I think I need to have a gathering just for an excuse to make this..... then DH and I won't eat the whole thing alone! 
Thanks!


----------



## Barbara (May 15, 2008)

kadesma said:


> My youngest made this for today and I love it.. She softened 8oz. of cream cheese, added 6 cloves roasted mashed garlic,some finely chopped thyme,marjoram and a little basil, the made a ball of the cheese and rolled it in freshly chopped parsley and cracked black pepper..serving it with sesame crackers..Yummy
> 
> kadesma


 
I make a cheese ball too - 2 packages cream cheese, 1 bottle Kraft Roka Blue, 1 bottle Kraft Old English, one Tablespoon worchestshire sauce. 

bring cream cheese to room temp mix with cheddar & roka blue & worchestshire sauce. form into one or two balls in saran wrap and put in fridge.

to serve - bring to room temp. roll in chopped parsley & nuts. Serve with crackers/cocktail rye/celery sticks.

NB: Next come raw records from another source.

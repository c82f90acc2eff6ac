-- ===== src/Tests/Parsing.antt =====
-- The parser of conditions of src/ir_gen/sql_parser.c at work.
use compute_ql.Shared.{ℕ, ◌+◌, ◌≡◌, refl, false, [], ◌∷◌, ◌++◌, arith}
use compute_ql.Text.{Text, str8_lit}
use compute_ql.Sql.Print.{
  plain_column, qualified_column, number_value, text_value, number_item, Spots, word, compare_with,
  member_of, conj, disj, Condition, condition_tokens, condition_node,
}
use compute_ql.Sql.Tree.{SqlNodeType, sql, nil, cons}
use compute_ql.Sql.Cursor.{Context, Parsed, ParseError, keyword_at}
use compute_ql.Sql.Parse.{Statements, sql_parse_logical_expression, sql_parse_where_clause}
use compute_ql.Sql.Parse.Comparison.{before_word}
use compute_ql.Sql.Parse.RoundTrip.{logical_expression-condition, where_clause-condition}

-- No statement is known inside a condition.
abbrev no_statements : Statements
no_statements = record {
  select_statement = λ ctx. Parsed.failed ParseError.elsewhere;
  window_spec = λ ctx. Parsed.failed ParseError.elsewhere;
}

-- Each token has a byte of its own.
abbrev from : ℕ → Spots
from k n = (k + n, k + n + 1)

-- o.id > 3 AND (name = 'x' OR id IN (1, 2))
abbrev sample : Condition
sample =
    conj (from 3)
      (compare_with (from 3) (str8_lit ">")
        (qualified_column (from 0) (str8_lit "o") (str8_lit "id"))
        (number_value (from 4) (str8_lit "3")))
      (disj (from 6)
        (compare_with (from 9) (str8_lit "=") (plain_column (from 8) (str8_lit "name"))
          (text_value (from 10) (str8_lit "x")))
        (member_of (from 13) false (plain_column (from 12) (str8_lit "id"))
          (number_item (from 16) (str8_lit "1")) (number_item (from 18) (str8_lit "2") ∷ [])))

-- ORDER BY ...
abbrev behind : Context
behind = word (20, 21) (str8_lit "order") ∷ word (21, 22) (str8_lit "by") ∷ []

order_is_not_and : keyword_at behind (str8_lit "and") ≡ false
unfolding compute_ql.Sql.Cursor.sql_check compute_ql.Text.str8_match
order_is_not_and = refl

order_is_not_or : keyword_at behind (str8_lit "or") ≡ false
unfolding compute_ql.Sql.Cursor.sql_check compute_ql.Text.str8_match
order_is_not_or = refl

logical_expression-condition_example :
    sql_parse_logical_expression no_statements 22 (condition_tokens 0 sample ++ behind)
    ≡ Parsed.parsed (condition_node sample) behind
logical_expression-condition_example =
    logical_expression-condition no_statements sample behind 21
      (before_word (20, 21) (str8_lit "order") (word (21, 22) (str8_lit "by") ∷ []))
      order_is_not_and order_is_not_or (omega arith)

where_clause-condition_example :
    sql_parse_where_clause no_statements
      (word (0, 1) (str8_lit "where") ∷ (condition_tokens 0 sample ++ behind))
    ≡ Parsed.parsed (sql SqlNodeType.where_clause [] (cons (condition_node sample) nil)) behind
where_clause-condition_example =
    where_clause-condition no_statements (0, 1) sample behind
      (before_word (20, 21) (str8_lit "order") (word (21, 22) (str8_lit "by") ∷ []))
      order_is_not_and order_is_not_or
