-- ===== src/Tests/Plans.antt =====
-- The plan of a select, and LIMIT and OFFSET on a result.
use compute_ql.Shared.{ℕ, ◌≡◌, refl, true, false, [], ◌∷◌, Option, none, some, length, arith}
use compute_ql.Text.{str8_lit}
use compute_ql.Ir.{Node, NodeType, Nodes, node, nil, cons, same_type, tag}
use compute_ql.Plan.{Plan, PlanType, plan, absent}
use compute_ql.Catalog.{ColumnType}
use compute_ql.Plan.From.{build_from}
use compute_ql.Plan.From.Flattens.{FromItems, table_item, join_item, done, flatten_from-build_from}
use compute_ql.Plan.Build.{Rewriting}
use compute_ql.Plan.Build.Clauses.{
  clause_types, evaluation, has_clause, clause_items, some_over_window, is_over_window, groups_rows,
  semi_types,
}
use compute_ql.Plan.Rows.{
  RowSet, ExecResult, plan_apply_limit, plan_result_row_count, plan_reverse_rowset, clause_number,
  max_u64,
}
use compute_ql.Plan.Rows.Page.{view, view_page, visible_rows, apply_limit_page, CountsFit}
use compute_ql.Plan.Rows.Readable.{Readable, apply_limit-Readable}
use compute_ql.Optimizer.Load.{Flat, optimizer_flatten_from}
use compute_ql.Tests.Data.{orders, items, shop, sku_is_five}

abbrev orders_ir : Node
orders_ir = node NodeType.table (str8_lit "orders") nil

abbrev items_ir : Node
items_ir = node NodeType.table (str8_lit "items") nil

-- FROM orders LEFT JOIN items ON sku = 5
abbrev from_children : Nodes
from_children =
    cons orders_ir
      (cons (node NodeType.join (str8_lit "left") (cons items_ir (cons sku_is_five nil))) nil)

two_items : FromItems shop false from_children 2
unfolding same_type compute_ql.Catalog.cql_database_find_table_or_catalog
    compute_ql.Catalog.find_table_in compute_ql.Text.str8_match compute_ql.Text.match_loop
    compute_ql.Text.adjust_char
two_items =
    table_item false orders_ir _ 1 orders refl refl
      (join_item (str8_lit "left") items_ir (cons sku_is_five nil) nil 0 items refl done)

flatten_from-build_from_example :
    (t : Flat) × (optimizer_flatten_from
        (build_from shop absent from_children)
        (record { relations = []; steps = [] })
      ≡ some t)
    × (length t.relations ≡ 2)
flatten_from-build_from_example =
    flatten_from-build_from shop from_children 2 two_items (omega arith)

-- Nothing is rewritten.
abbrev plain_rules : Rewriting
plain_rules = record { enabled = false; rewrite_from_where = λ p w s. none }

-- SELECT … FROM orders ORDER BY … LIMIT 2
abbrev select_children : Nodes
select_children =
    cons orders_ir
      (cons (node NodeType.order_by [] nil) (cons (node NodeType.limit (str8_lit "2") nil) nil))

-- The select is sorted last, then limited.
sorted_then_limited :
    clause_types select_children (semi_types select_children [])
    ≡ PlanType.limit ∷ PlanType.sort ∷ PlanType.project ∷ []
unfolding clause_types evaluation has_clause clause_items some_over_window is_over_window
    groups_rows same_type semi_types
sorted_then_limited = refl

abbrev four_rows : RowSet ℕ
four_rows = record {
  tables = some orders ∷ [];
  aliases = [] ∷ [];
  row_indices = (10 ∷ 11 ∷ 12 ∷ 13 ∷ []) ∷ [];
  count = 4;
  scores = some (7 ∷ 8 ∷ 9 ∷ 10 ∷ []);
  score_is_distance = false;
  score_column_name = [];
  score_needle = [];
}

abbrev result : ExecResult ℕ
result = record {
  supported = true;
  is_materialized = false;
  rows = four_rows;
  materialized = record {
    columns =
        record {
          name = [];
          type = ColumnType.u64;
          decimal_scale = 0;
          numeric_values = some (1 ∷ []);
          string_values = none;
          is_null = none;
        }
        ∷ [];
    count = 1;
  };
}

abbrev one : Option Node
one = some (node NodeType.offset (str8_lit "1") nil)

abbrev two : Option Node
two = some (node NodeType.limit (str8_lit "2") nil)

-- LIMIT 2 OFFSET 1
middle_rows : visible_rows (plan_apply_limit result one two).rows ≡ (11 ∷ 12 ∷ []) ∷ []
unfolding plan_apply_limit visible_rows compute_ql.Plan.Rows.limit_rows
    compute_ql.Text.u64_from_str8 compute_ql.Plan.Rows.u64_sub
middle_rows = refl

result_fits : CountsFit result
result_fits = (omega arith, omega arith)

apply_limit_page_example :
    view (plan_apply_limit result one two)
    ≡ view_page (clause_number one 0) (clause_number two max_u64) (view result)
apply_limit_page_example = apply_limit_page result one two result_fits

apply_limit-Readable_example : Readable (plan_apply_limit result one two)
apply_limit-Readable_example =
    apply_limit-Readable result one two result_fits
      (((omega arith, tt), omega arith), ((omega arith, tt, tt), tt))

Delicious. A tradition in our family for 35 years - i think


----------



## kadesma (May 15, 2008)

Barbara said:


> I make a cheese ball too - 2 packages cream cheese, 1 bottle Kraft Roka Blue, 1 bottle Kraft Old English, one Tablespoon worchestshire sauce.
> 
> bring cream cheese to room temp mix with cheddar & roka blue & worchestshire sauce. form into one or two balls in saran wrap and put in fridge.
> 
> ...


Thanks for sharing with us Barbara..I know my gang will love this, will be giving it a try very soon.
kadesma


----------



## kadesma (May 15, 2008)

suziquzie said:


> I think I need to have a gathering just for an excuse to make this..... then DH and I won't eat the whole thing alone!
> Thanks!


, I know, when I like something like this, I'm the worlds worst at eating a bite or two and then walking away..Usually when I walk away it is because I'm off to wash the empty dish

kadesma


----------